__DATA EXTRACTS__.
+--

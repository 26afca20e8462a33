-- ===== src/Wal/RoundTrip.antt =====
-- What reading a written record gives.
use my_etcd.Base.{
  ℕ, zero, suc, ◌+◌, ◌-◌, ◌%◌, ◌^◌, ◌<◌, ◌≤◌, ◌≡◌, refl, ap, ◌∙◌, arith, Bool, true, false, [], ◌∷◌,
  ◌++◌, append_assoc, Option, some, ltb, ◌==◌, if◌then◌else◌, length, take, drop, Bytes, ◌>>=◌,
  length-append,
}
use my_etcd.Types.{RaftEntry, EventType, ConfChangeType, default_entry, default_conf_change}
use my_etcd.Codec.{le_bytes, read_le, event_byte, conf_byte, is_conf_change}
use my_etcd.Codec.Words.{
  FitsBytes, FitsBytes-u32, FitsBytes-u64, length-le_bytes, read_le-le_bytes, take-prefix,
  drop-prefix, long_enough,
}
use my_etcd.Transport.Wire.Laws.{IsCarried}
use my_etcd.Wal.Crc.{compute, final}
use my_etcd.Wal.Entry.{
  write_str, conf_bytes, payload, record_type, entry_record, serialize_entry, read_body, read_str,
  verify, read_conf, read_lease, read_fields, read_record, deserialize_entry,
}

-- An entry that a record can hold: the strings are shorter than 2^32 bytes.
pub record IsLogged (e : RaftEntry) : Type 0 where
  pub carried : IsCarried e
  pub key : length e.key < 2 ^ 32
  pub value : length e.value < 2 ^ 32
  pub peer_addr : length e.conf_change.peer_addr < 2 ^ 32
  pub whole : length (entry_record e) < 2 ^ 32

read_body-append : (s rest : Bytes) → read_body (length s, s ++ rest) ≡ (s, rest)
read_body-append s rest =
    let long : ltb (length (s ++ rest)) (length s) ≡ false = ground (arith, length-append s rest) in
    rw (long, take-prefix (length s) s rest refl, drop-prefix (length s) s rest refl) refl

read_str-write_str :
    (s rest : Bytes) → length s < 2 ^ 32 → read_str (write_str s ++ rest) ≡ some (s, rest)
unfolding read_str write_str
read_str-write_str s rest h =
    let small : length s % 2 ^ 32 ≡ length s = omega arith in
    ap (λ n. read_le 4 ((le_bytes 4 n ++ s) ++ rest) >>= λ p. some (read_body p)) small
    ∙ ap (λ l. read_le 4 l >>= λ p. some (read_body p))
        (append_assoc (le_bytes 4 (length s)) s rest)
    ∙ ap (λ o. o >>= λ p. some (read_body p))
        (read_le-le_bytes 4 (length s) (s ++ rest) (FitsBytes-u32 (length s) h))
    ∙ ap some (read_body-append s rest)

event_fits : (t : EventType) → FitsBytes 1 (event_byte t)
unfolding event_byte
event_fits EventType.put = omega arith
event_fits EventType.delete = omega arith
event_fits EventType.conf_change = omega arith
event_fits (EventType.unknown n) = omega arith

conf_fits : (t : ConfChangeType) → FitsBytes 1 (conf_byte t)
unfolding conf_byte
conf_fits ConfChangeType.add_node = omega arith
conf_fits ConfChangeType.remove_node = omega arith
conf_fits (ConfChangeType.unknown n) = omega arith

-- A step of a chain of reads that succeeds, and a bounds check that passes.
pub then_some :
    {A B : Type 0} {o : Option A} {a : A} (f : A → Option B) {z : Option B}
    → o ≡ some a
    → f a ≡ z
    → (o >>= f) ≡ z
then_some f e h = ap (λ x. x >>= f) e ∙ h

pub passes :
    {B : Type 0} {c : Bool} (x : B) {y z : B} → c ≡ false → y ≡ z → (if c then x else y) ≡ z
passes x {y = y} e h = ap (λ b. if b then x else y) e ∙ h

longer :
    (k j v : ℕ) (rest : Bytes)
    → ltb (length rest) j ≡ false
    → ltb (length (le_bytes k v ++ rest)) (k + j) ≡ false
longer k j v rest h = ground (arith, length-append (le_bytes k v) rest, length-le_bytes k v)

behind : (k : ℕ) (xs ys : Bytes) → ltb (length ys) k ≡ false → ltb (length (xs ++ ys)) k ≡ false
behind k xs ys h = ground (arith, length-append xs ys)

-- Each stage, from the last field back to the first, leads to the comparison of the checksums.
module _ (start tail : Bytes) (e : RaftEntry) (h : IsLogged e)
    (crc_there : ltb (length tail) 4 ≡ false) where
  conf_written :
      is_conf_change e.type ≡ true
      → read_conf start
          (record e { conf_change = default_conf_change })
          (le_bytes 1 (conf_byte e.conf_change.type)
            ++ (le_bytes 8 e.conf_change.node_id ++ (write_str e.conf_change.peer_addr ++ tail)))
        ≡ verify start e tail
  unfolding read_conf
  conf_written isc = rw isc (
      passes _
        (longer 1 12 (conf_byte e.conf_change.type) _ (
          longer 8 4 e.conf_change.node_id _
            (behind 4 (write_str e.conf_change.peer_addr) tail crc_there)))
        (then_some _
          (read_le-le_bytes 1 (conf_byte e.conf_change.type) _ (conf_fits e.conf_change.type))
          (then_some _
            (read_le-le_bytes 8 e.conf_change.node_id _
              (FitsBytes-u64 e.conf_change.node_id h.carried.node_id))
            (then_some _ (read_str-write_str e.conf_change.peer_addr tail h.peer_addr) (
              ap
                (λ t.
                  verify start (record e { conf_change = record e.conf_change { type = t } }) tail)
                h.carried.conf_type)))))

  conf_split :
      is_conf_change e.type ≡ true
      → conf_bytes e.type e.conf_change ++ tail
        ≡ le_bytes 1 (conf_byte e.conf_change.type)
          ++ (le_bytes 8 e.conf_change.node_id ++ (write_str e.conf_change.peer_addr ++ tail))
  unfolding conf_bytes
  conf_split isc = rw isc (simp append_assoc)

  conf_absent :
      is_conf_change e.type ≡ false
      → read_conf start
          (record e { conf_change = default_conf_change })
          (conf_bytes e.type e.conf_change ++ tail)
        ≡ verify start e tail
  unfolding read_conf conf_bytes
  conf_absent isc = rw (isc, h.carried.no_conf isc) refl

  read_conf-conf_bytes :
      (b : Bool)
      → is_conf_change e.type ≡ b
      → read_conf start
          (record e { conf_change = default_conf_change })
          (conf_bytes e.type e.conf_change ++ tail)
        ≡ verify start e tail
  read_conf-conf_bytes true isc =
      ap (read_conf start (record e { conf_change = default_conf_change })) (conf_split isc)
      ∙ conf_written isc
  read_conf-conf_bytes false isc = conf_absent isc

  read_lease-lease :
      read_lease start
        (record e { lease_id = 0; conf_change = default_conf_change })
        (le_bytes 8 e.lease_id ++ (conf_bytes e.type e.conf_change ++ tail))
      ≡ verify start e tail
  unfolding read_lease
  read_lease-lease =
      passes _ (longer 8 4 e.lease_id _ (behind 4 (conf_bytes e.type e.conf_change) tail crc_there))
        (then_some _ (read_le-le_bytes 8 e.lease_id _ (FitsBytes-u64 e.lease_id h.carried.lease_id))
          (read_conf-conf_bytes (is_conf_change e.type) refl))

  read_fields-payload :
      read_fields start (
        le_bytes 8 e.term
        ++ (le_bytes 8 e.index
            ++ (le_bytes 1 (event_byte e.type)
                ++ (write_str e.key
                    ++ (write_str e.value
                        ++ (le_bytes 8 e.lease_id ++ (conf_bytes e.type e.conf_change ++ tail)))))))
      ≡ verify start e tail
  unfolding read_fields
  read_fields-payload =
      passes _
        (longer 8 9 e.term _
          (longer 8 1 e.index _ (longer 1 0 (event_byte e.type) _ (ground arith))))
        (then_some _ (read_le-le_bytes 8 e.term _ (FitsBytes-u64 e.term h.carried.term)) (
          then_some _ (read_le-le_bytes 8 e.index _ (FitsBytes-u64 e.index h.carried.index)) (
            then_some _ (read_le-le_bytes 1 (event_byte e.type) _ (event_fits e.type)) (
              then_some _ (read_str-write_str e.key _ h.key) (
                then_some _ (read_str-write_str e.value _ h.value) (
                  ap
                    (λ t.
                      read_lease start
                        (record e { type = t; lease_id = 0; conf_change = default_conf_change })
                        (le_bytes 8 e.lease_id ++ (conf_bytes e.type e.conf_change ++ tail)))
                    h.carried.type
                  ∙ read_lease-lease))))))

-- The bytes whose checksum is compared with the stored one: from the record's type on, and without the last
-- four bytes of the payload.
abbrev pub checked : RaftEntry → Bytes
checked e = take (length (payload e) + 1 - 4) (record_type ∷ payload e)

-- Whether the comparison succeeds.
unfoldable pub survives : RaftEntry → Bool
survives e = compute (checked e) == compute (payload e)

take-within : (n : ℕ) (xs ys : Bytes) → n ≤ length xs → take n (xs ++ ys) ≡ take n xs
take-within zero xs ys h = refl
take-within (suc n) [] ys h = absurd (omega arith)
take-within (suc n) (x ∷ xs) ys h = ap (◌∷◌ x) (take-within n xs ys (omega arith))

crc_fits : (bytes : Bytes) → compute bytes < 2 ^ 32
unfolding compute final
crc_fits bytes = omega arith

module _ (e : RaftEntry) (rest : Bytes) where
  stored : Bytes
  stored = le_bytes 4 (compute (payload e)) ++ rest

  stored_long : ltb (length stored) 4 ≡ false
  unfolding stored
  stored_long =
      long_enough 4 (le_bytes 4 (compute (payload e))) rest
        (length-le_bytes 4 (compute (payload e)))

  region :
      take
        (length (record_type ∷ (payload e ++ stored)) - length stored - 4)
        (record_type ∷ (payload e ++ stored))
      ≡ checked e
  region =
      let n : length (record_type ∷ (payload e ++ stored)) - length stored - 4
          ≡ length (payload e) + 1 - 4 =
        omega (arith, length-append (payload e) stored) in
      ap (λ k. take k (record_type ∷ (payload e ++ stored))) n
      ∙ take-within (length (payload e) + 1 - 4) (record_type ∷ payload e) stored (omega arith)

  read_stored : read_le 4 stored ≡ some (compute (payload e), rest)
  unfolding stored
  read_stored =
      read_le-le_bytes 4 (compute (payload e)) rest
        (FitsBytes-u32 (compute (payload e)) (crc_fits (payload e)))

  verify-stored :
      verify (record_type ∷ (payload e ++ stored)) e stored
      ≡ some (if survives e then e else default_entry)
  unfolding verify survives
  verify-stored =
      ap
        (λ o. o >>= λ p. some (
          if compute (
              take (length (record_type ∷ (payload e ++ stored)) - length stored - 4)
                (record_type ∷ (payload e ++ stored)))
            == p.0
          then e
          else default_entry))
        read_stored
      ∙ ap (λ l. some (if compute l == compute (payload e) then e else default_entry)) region

  payload_split :
      payload e ++ stored
      ≡ le_bytes 8 e.term
        ++ (le_bytes 8 e.index
            ++ (le_bytes 1 (event_byte e.type)
                ++ (write_str e.key
                    ++ (write_str e.value
                        ++ (le_bytes 8 e.lease_id
                            ++ (conf_bytes e.type e.conf_change ++ stored))))))
  unfolding payload
  payload_split = simp append_assoc

  read_record-stored :
      IsLogged e
      → read_record (record_type ∷ (payload e ++ stored))
        ≡ some (if survives e then e else default_entry)
  unfolding read_record
  read_record-stored h =
      ap (read_fields (record_type ∷ (payload e ++ stored))) payload_split
      ∙ read_fields-payload (record_type ∷ (payload e ++ stored)) stored e h stored_long
      ∙ verify-stored

  record_split : drop 4 (serialize_entry e ++ rest) ≡ record_type ∷ (payload e ++ stored)
  unfolding serialize_entry entry_record stored
  record_split =
      ap (drop 4)
        (append_assoc (le_bytes 4 (length (entry_record e) % 2 ^ 32)) (entry_record e) rest)
      ∙ drop-prefix 4 (le_bytes 4 (length (entry_record e) % 2 ^ 32)) (entry_record e ++ rest)
          (length-le_bytes 4 (length (entry_record e) % 2 ^ 32))
      ∙ ap (◌∷◌ record_type) (append_assoc (payload e) (le_bytes 4 (compute (payload e))) rest)

  serialize_long : ltb (length (serialize_entry e ++ rest)) 4 ≡ false
  unfolding serialize_entry
  serialize_long = ground (
    arith,
    length-append (le_bytes 4 (length (entry_record e) % 2 ^ 32) ++ entry_record e) rest,
    length-append (le_bytes 4 (length (entry_record e) % 2 ^ 32)) (entry_record e),
    length-le_bytes 4 (length (entry_record e) % 2 ^ 32),
  )

  -- Reading back a written record gives the entry exactly if the checksum of the bytes from the record's type
  -- on, without the payload's last four, happens to be that of the payload; otherwise it gives the empty
  -- entry. The entry's words, strings and record fit the format.
  pub deserialize_entry-serialize_entry :
      IsLogged e
      → deserialize_entry (serialize_entry e ++ rest)
        ≡ some (if survives e then e else default_entry)
  unfolding deserialize_entry
  deserialize_entry-serialize_entry h =
      passes _ serialize_long (ap read_record record_split ∙ read_record-stored h)

-- A record behind the field of its length.
pub serialize_split :
    (e : RaftEntry) (rest : Bytes)
    → serialize_entry e ++ rest
      ≡ le_bytes 4 (length (entry_record e) % 2 ^ 32) ++ (entry_record e ++ rest)
unfolding serialize_entry
serialize_split e rest =
    append_assoc (le_bytes 4 (length (entry_record e) % 2 ^ 32)) (entry_record e) rest

pub record_positive : (e : RaftEntry) → 0 < length (entry_record e)
unfolding entry_record
record_positive e = omega arith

+--

__PROBLEM TO SOLVE__. Your answer should be the lines of the records that include the word "small".

__ANSWER BOX__.
    let small : length s % 2 ^ 32 ≡ length s = omega arith in
    ap (λ n. read_le 4 ((le_bytes 4 n ++ s) ++ rest) >>= λ p. some (read_body p)) small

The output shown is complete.